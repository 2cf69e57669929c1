-- ===== src/Routing/ParamType.antt =====
-- common/http/include/PathParamType.hpp: the registry of path parameter types.
use ecommerce_platform.Prelude.{
  ℕ, Bool, true, false, List, [], ◌∷◌, Option, none, some, if◌then◌else◌, Text, text, text_eq,
}
use ecommerce_platform.Parser.Integral.{int64, try_parse_integral}
use ecommerce_platform.Parser.Floating.{try_parse_float}

pub data PathParamPriority : Type 0 where
  lowest low medium high highest : PathParamPriority

-- The numbers of the enumerators, by which they are compared.
abbrev pub rank : PathParamPriority → ℕ
rank lowest = 0
rank low = 1
rank medium = 2
rank high = 3
rank highest = 4

unfoldable pub has_value {ℓ} : {A : Type ℓ} → Option A → Bool
has_value none = false
has_value (some a) = true

unfoldable pub match_int : Text → Bool
unfolding try_parse_integral has_value
match_int value = has_value (try_parse_integral int64 value)

unfoldable pub match_float : Text → Bool
unfolding try_parse_float has_value
match_float value = has_value (try_parse_float value)

unfoldable pub match_string : Text → Bool
match_string value = true

pub record PathParamTypeDescriptor : Type 0 where
  pub name : Text
  pub priority : PathParamPriority
  pub matcher : Text → Bool

-- A pointer into PathParamRegistry::Types. The code makes no other descriptor, so a pointer is one
-- of three, and pointers are equal when they are the same one.
pub data TypePointer : Type 0 where
  string_type float_type int_type : TypePointer

abbrev pub descriptor : TypePointer → PathParamTypeDescriptor
descriptor string_type = record { name = text "string"; priority = lowest; matcher = match_string }
descriptor float_type = record { name = text "float"; priority = medium; matcher = match_float }
descriptor int_type = record { name = text "int"; priority = highest; matcher = match_int }

abbrev pub types : List TypePointer
types = string_type ∷ float_type ∷ int_type ∷ []

find_in : Text → List TypePointer → Option TypePointer
find_in name [] = none
find_in name (t ∷ ts) = if text_eq (descriptor t).name name then some t else find_in name ts

-- PathParamRegistry::FindByName
unfoldable pub find_by_name : Text → Option TypePointer
unfolding find_in text_eq
find_by_name name = find_in name types

-- PathParamRegistry::Default
abbrev pub default_type : TypePointer
default_type = string_type

-- Pointer comparison
unfoldable pub same_type : TypePointer → TypePointer → Bool
same_type string_type string_type = true
same_type float_type float_type = true
same_type int_type int_type = true
same_type _ _ = false
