-- ===== src/Routing/Paths.antt =====
-- NormalizePathView, NormalizePathOwned, SplitPathView and SplitPathOwned of
-- common/http/src/RouteTrie.cpp. A view and an owned copy are the same text here.
pub mod Reference
pub mod Splitting
use ecommerce_platform.Prelude.{
  ℕ, ◌+◌, ◌-◌, List, [], ◌∷◌, ◌++◌, ltb, ◌==◌, if◌then◌else◌, length, take, drop, Text,
}

-- remove_prefix(1) if the front is a slash
unfoldable pub strip_front : Text → Text
strip_front [] = []
strip_front (c ∷ s) = if c == b'/' then s else c ∷ s

-- remove_suffix(1) if the back is a slash
unfoldable pub strip_back : Text → Text
strip_back [] = []
strip_back (c ∷ []) = if c == b'/' then [] else c ∷ []
strip_back (c ∷ d ∷ s) = c ∷ strip_back (d ∷ s)

unfoldable pub normalize_path : Text → Text
unfolding strip_front strip_back
normalize_path path = strip_back (strip_front path)

-- substr(start, count)
abbrev pub substr : Text → ℕ → ℕ → Text
substr s start count = take count (drop start s)

-- The loop of SplitPathView: `rest` holds the characters from index `i` on.
unfoldable pub split_loop : Text → Text → ℕ → ℕ → List Text → List Text
split_loop path [] i segment_start segments =
    if ltb segment_start (length path) then segments ++ drop segment_start path ∷ [] else segments
split_loop path (c ∷ rest) i segment_start segments =
    split_loop path rest (i + 1) (if c == b'/' then i + 1 else segment_start) (
      if c == b'/'
      then (if ltb segment_start i
          then segments ++ substr path segment_start (i - segment_start) ∷ []
          else segments)
      else segments)

unfoldable pub split_path : Text → List Text
unfolding split_loop
split_path path = split_loop path path 0 0 []
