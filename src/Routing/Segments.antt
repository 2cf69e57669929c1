-- ===== src/Routing/Segments.antt =====
-- ParseParamSegment of common/http/src/RouteTrie.cpp, and ParamKey of include/RouteTrie.hpp.
use ecommerce_platform.Prelude.{
  ℕ, suc, ◌+◌, ◌-◌, Bool, false, not, ◌||◌, [], ◌∷◌, ◌++◌, Option, none, some, ltb, ◌==◌,
  if◌then◌else◌, length, take, drop, Text, text,
}
use ecommerce_platform.Http.Error.{Outcome, returns, throws, other_exception}
use ecommerce_platform.Routing.ParamType.{TypePointer, find_by_name, default_type}
use ecommerce_platform.Routing.Paths.{substr}

pub record ParamKey : Type 0 where
  pub name : Text
  pub type : TypePointer

-- What the function reports: `false`, or `true` with its two results.
pub data ParsedSegment : Type 0 where
  literal : ParsedSegment
  capture : ParamKey → ParsedSegment

abbrev pub front_is : ℕ → Text → Bool
front_is c [] = false
front_is c (d ∷ s) = d == c

abbrev pub back_is : ℕ → Text → Bool
back_is c [] = false
back_is c (d ∷ []) = d == c
back_is c (d ∷ e ∷ s) = back_is c (e ∷ s)

-- std::string::find for one character
unfoldable pub find_char : ℕ → Text → Option ℕ
find_char c [] = none
find_char c (d ∷ s) =
    let later = find_char c s in
    if d == c then some 0 else (elim later [ none ↦ none | some i ↦ some (suc i) ])

-- The type behind the colon, or the exception.
typed_capture : Text → Text → Outcome ParsedSegment
typed_capture name spec = elim (find_by_name spec) [
  | some found ↦ returns (capture (record { name = name; type = found }))
  | none ↦ throws (other_exception (text "Unknown path param type: " ++ spec))
]

unfoldable pub parse_content : Text → Outcome ParsedSegment
unfolding typed_capture find_by_name find_char
parse_content content = elim (find_char b':' content) [
  | none ↦ returns (capture (record { name = content; type = default_type }))
  | some colon ↦ typed_capture (take colon content) (drop (colon + 1) content)
]

unfoldable pub parse_param_segment : Text → Outcome ParsedSegment
unfolding parse_content
parse_param_segment segment =
    if ltb (length segment) 3 || not (front_is b'{' segment) || not (back_is b'}' segment)
    then returns literal
    else parse_content (substr segment 1 (length segment - 2))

Activity |
Please provide nothing but the number of lines in the records that hold the string "medium".

Output of the exercise |
3